Date Review Organization
07/17/06 Monday Intermezzo Organ Recital - Andrew Arthur Carmel Bach Festival

Andrew Arthur Organ Recital

by

Rudolf Schroeter

 

On a gorgeous Carmel morning, in the satisfying acoustics of the Mission Basilica, gifted young Andrew Arthur’s skilled hands and feet played the 1986 Casavant organ and in so doing presided over a meeting of three worlds —  the world of Bach: willing to give glory to God, and creating beauty to satisfy the soul; the world of Mozart: making mankind the measure of all things, and celebrating reason while seeking beauty to please the senses; and finally the world of our society: making self the center of all things, and demanding its entertainment, often at the expense of beauty.

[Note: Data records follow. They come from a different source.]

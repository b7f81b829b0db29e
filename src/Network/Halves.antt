-- ===== src/Network/Halves.antt =====
-- What a merge network of src/pme/util/sorting_network.cpp promises, for each way that
-- `mergeNetwork` makes one.
use native.Mathlib.Nat.{add_comm}
use pme.Base.{
  ℕ, zero, suc, ◌+◌, ◌/◌, ◌≤◌, ◌≡◌, refl, ap, subst, Bool, true, List, [], ◌∷◌, ◌++◌, length, arith,
  All-split,
}
use pme.Literal.{PmeId}
use pme.Cnf.{Valuation, Sat}
use pme.Variables.{VariableManager}
use pme.Network.{CnfNetwork, take_odd, take_even}
use pme.Network.Build.{wires}
use pme.Network.Prefix.{
  TruePrefix, FalseFrom, TruePrefix-mono, FalseFrom-mono, TruePrefix-le-length,
  TruePrefix-take_even, TruePrefix-take_odd, FalseFrom-take_even, FalseFrom-take_odd,
  length-take_even, length-take_odd,
}
use pme.Network.Comparator.{Compares, comp_clauses-Compares}
use pme.Network.Zipper.{Pairing, length-Pairing}
use pme.Network.Pairs.{leftover, compared, TruePrefix-add-nil, pair_trues, PairsMerged}

-- What a network over two vectors promises: an output for each input; with `le`, as many true
-- outputs at the front as the two vectors have at theirs; with `ge`, false outputs from the sum of
-- the two indices from which they are false.
pub record IsMerge (xs ys : List PmeId) (le ge : Bool) (net : CnfNetwork) : Type 0 where
  pub size : length net.outputs ≡ length xs + length ys
  pub trues :
      le ≡ true
      → (v : Valuation) → Sat v net.clauses
      → (p q : ℕ) → TruePrefix v p xs
      → TruePrefix v q ys
      → TruePrefix v (p + q) net.outputs
  pub falses :
      ge ≡ true
      → (v : Valuation) → Sat v net.clauses
      → (p q : ℕ) → FalseFrom v p xs
      → FalseFrom v q ys
      → FalseFrom v (p + q) net.outputs

pub IsMerge-symm :
    {xs ys : List PmeId} {le ge : Bool} {net : CnfNetwork}
    → IsMerge xs ys le ge net
    → IsMerge ys xs le ge net
IsMerge-symm m = record {
  size = omega (arith, m.size);
  trues = λ d v s p q hp hq. rw (add_comm p q) (m.trues d v s q p hq hp);
  falses = λ d v s p q hp hq. rw (add_comm p q) (m.falses d v s q p hq hp);
}

-- Both base cases.
pub IsMerge-nil : (ys : List PmeId) (le ge : Bool) → IsMerge [] ys le ge (wires ys)
IsMerge-nil ys le ge = record {
  size = omega arith;
  trues = λ d v s p q hp hq.
      TruePrefix-mono v (p + q) q ys (omega (arith, TruePrefix-le-length v p [] hp)) hq;
  falses = λ d v s p q hp hq. FalseFrom-mono v q (p + q) ys (omega arith) hq;
}

-- One entry before the others of the even side.
module _ (v : Valuation) (e : PmeId) (es os rest : List PmeId) where
  cons_trues :
      (i j : ℕ)
      → j ≤ i
      → i ≤ j + 2
      → TruePrefix v i (e ∷ es)
      → TruePrefix v j os
      → ((i j : ℕ)
          → i ≤ j + 1
          → j ≤ i + 1
          → TruePrefix v i es
          → TruePrefix v j os
          → TruePrefix v (i + j) rest)
      → TruePrefix v (i + j) (e ∷ rest)
  cons_trues zero zero n m p q ih = tt
  cons_trues zero (suc j) n m p q ih = absurd (omega arith)
  cons_trues (suc i) j n m p q ih =
      let s : suc i + j ≡ suc (i + j) = omega arith in
      rw s (p.0, ih i j (omega arith) (omega arith) p.1 q)

  cons_falses :
      (i j : ℕ)
      → j ≤ i
      → i ≤ j + 2
      → FalseFrom v i (e ∷ es)
      → FalseFrom v j os
      → ((i j : ℕ)
          → i ≤ j + 1
          → j ≤ i + 1
          → FalseFrom v i es
          → FalseFrom v j os
          → FalseFrom v (i + j) rest)
      → FalseFrom v (i + j) (e ∷ rest)
  cons_falses zero zero n m p q ih = (p.0, ih 0 0 (omega arith) (omega arith) p.1 q)
  cons_falses zero (suc j) n m p q ih = absurd (omega arith)
  cons_falses (suc i) j n m p q ih =
      let s : suc i + j ≡ suc (i + j) = omega arith in rw s (ih i j (omega arith) (omega arith) p q)

module _ (v : Valuation) (x y y₁ y₂ : PmeId) (le ge : Bool) (c : Compares v x y y₁ y₂ le ge) where
  one_trues :
      le ≡ true
      → (p q : ℕ) → TruePrefix v p (x ∷ [])
      → TruePrefix v q (y ∷ [])
      → TruePrefix v (p + q) (y₁ ∷ y₂ ∷ [])
  one_trues d p q hp hq =
      pair_trues v x y y₁ y₂ [] [] [] (c.some_true d) (c.both_true d)
        (λ i j n m a b. TruePrefix-add-nil v i j a b) p q
        (omega (arith, TruePrefix-le-length v p (x ∷ []) hp))
        (omega (arith, TruePrefix-le-length v q (y ∷ []) hq)) hp hq

  one_falses :
      ge ≡ true
      → (p q : ℕ) → FalseFrom v p (x ∷ [])
      → FalseFrom v q (y ∷ [])
      → FalseFrom v (p + q) (y₁ ∷ y₂ ∷ [])
  one_falses d zero zero hp hq =
      (c.both_false d (ground (arith, hp.0, hq.0)), (c.some_false d (ground (arith, hp.0)), tt))
  one_falses d zero (suc q) hp hq =
      FalseFrom-mono v 1 (0 + suc q) (y₁ ∷ y₂ ∷ []) (omega arith)
        (c.some_false d (ground (arith, hp.0)), tt)
  one_falses d (suc p) zero hp hq =
      FalseFrom-mono v 1 (suc p + 0) (y₁ ∷ y₂ ∷ []) (omega arith)
        (c.some_false d (ground (arith, hq.0)), tt)
  one_falses d (suc p) (suc q) hp hq =
      FalseFrom-mono v 2 (suc p + suc q) (y₁ ∷ y₂ ∷ []) (omega arith) tt

pub IsMerge-one :
    (x y : PmeId) (le ge : Bool) (vm : VariableManager)
    → IsMerge (x ∷ []) (y ∷ []) le ge (compared x y le ge vm).0
IsMerge-one x y le ge vm = record {
  size = refl;
  trues = λ d v s. one_trues v x y _ _ le ge (comp_clauses-Compares v x y _ _ le ge s) d;
  falses = λ d v s. one_falses v x y _ _ le ge (comp_clauses-Compares v x y _ _ le ge s) d;
}

-- The recursive case, from the two halves and the pairs.
module _ (xs ys : List PmeId) (le ge : Bool) (odd even pairs : CnfNetwork) (e : PmeId)
    (es zs : List PmeId) (paired : Pairing es odd.outputs zs)
    (m_odd : IsMerge (take_odd xs) (take_odd ys) le ge odd)
    (m_even : IsMerge (take_even xs) (take_even ys) le ge even) (evens : even.outputs ≡ e ∷ es)
    (m_pairs : PairsMerged es odd.outputs zs le ge pairs) where
  rest : List PmeId
  rest = pairs.outputs ++ leftover zs

  halves_trues :
      le ≡ true
      → (v : Valuation) → Sat v (odd.clauses ++ even.clauses ++ pairs.clauses)
      → (p q : ℕ) → TruePrefix v p xs
      → TruePrefix v q ys
      → TruePrefix v (p + q) (e ∷ rest)
  unfolding rest
  halves_trues d v s p q hp hq =
      let (s', s₃) = All-split _ (odd.clauses ++ even.clauses) pairs.clauses s in
      let (s₁, s₂) = All-split _ odd.clauses even.clauses s' in
      let i = (p + 1) / 2 + (q + 1) / 2 in
      let j = p / 2 + q / 2 in
      let h_even =
        m_even.trues d v s₂ ((p + 1) / 2) ((q + 1) / 2) (TruePrefix-take_even v p xs hp)
          (TruePrefix-take_even v q ys hq) in
      let h_odd =
        m_odd.trues d v s₁ (p / 2) (q / 2) (TruePrefix-take_odd v p xs hp)
          (TruePrefix-take_odd v q ys hq) in
      let total : p + q ≡ i + j = omega arith in
      rw total (
        cons_trues v e es odd.outputs rest i j (omega arith) (omega arith)
          (subst (TruePrefix v i) evens h_even) h_odd (m_pairs.trues d v s₃))

  halves_falses :
      ge ≡ true
      → (v : Valuation) → Sat v (odd.clauses ++ even.clauses ++ pairs.clauses)
      → (p q : ℕ) → FalseFrom v p xs
      → FalseFrom v q ys
      → FalseFrom v (p + q) (e ∷ rest)
  unfolding rest
  halves_falses d v s p q hp hq =
      let (s', s₃) = All-split _ (odd.clauses ++ even.clauses) pairs.clauses s in
      let (s₁, s₂) = All-split _ odd.clauses even.clauses s' in
      let i = (p + 1) / 2 + (q + 1) / 2 in
      let j = p / 2 + q / 2 in
      let h_even =
        m_even.falses d v s₂ ((p + 1) / 2) ((q + 1) / 2) (FalseFrom-take_even v p xs hp)
          (FalseFrom-take_even v q ys hq) in
      let h_odd =
        m_odd.falses d v s₁ (p / 2) (q / 2) (FalseFrom-take_odd v p xs hp)
          (FalseFrom-take_odd v q ys hq) in
      let total : p + q ≡ i + j = omega arith in
      rw total (
        cons_falses v e es odd.outputs rest i j (omega arith) (omega arith)
          (subst (FalseFrom v i) evens h_even) h_odd (m_pairs.falses d v s₃))

  pub IsMerge-halves : IsMerge xs ys le ge (record {
    outputs = e ∷ (pairs.outputs ++ leftover zs);
    clauses = odd.clauses ++ even.clauses ++ pairs.clauses;
  })
  unfolding rest
  IsMerge-halves = record {
    size = omega (
      arith,
      m_pairs.size,
      length-Pairing paired,
      m_odd.size,
      m_even.size,
      ap length evens,
      length-take_even xs,
      length-take_even ys,
      length-take_odd xs,
      length-take_odd ys,
    );
    trues = halves_trues;
    falses = halves_falses;
  }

Andrew Arthur is a child of our world, yet played Bach and Mozart with enough understanding of their worlds to hold a large audience, of that third world, enraptured. He opened with an  impressive reading of a relentlessly energetic Bach Prelude & Fugue (BWV 541), and followed this display of ordered strength with three of the six Schübler Chorales (BWV 645/650), each a marvel of  Bach’s genius for giving unexpected beauty and complexity to basically simple tunes.  

Mozart was a renowned organist since his early youth, but wrote nothing original for what he himself called “the king of instruments,” composing one piece for harmonica and three  for mechanical organ yet, as only he could, imbuing them with rich musical content. Separating them dramatically from each other by the remaining three Schübler chorales, Arthur played two of them, the Adagio & Allegro K594 and the Andante K.616, each transcribed and edited by him. The two pieces are in stark contrast to each other -  the Adagio & Allegro virtually operatic, the Andante almost carelessly playful  -  and in their relative lack of complexity & order quite a world apart from what we had heard of  Bach. 

Arthur ended with Bach’s Toccata, Adagio & Fugue (BWV 564) and presented us with both disappointment and soul-warming beauty:  He neither elicited the spirit nor delineated  the architecture of the Toccata, but spoke to every listening heart with his rendition of the unforgettable Adagio. The audience’s spirited applause was his well-deserved reward.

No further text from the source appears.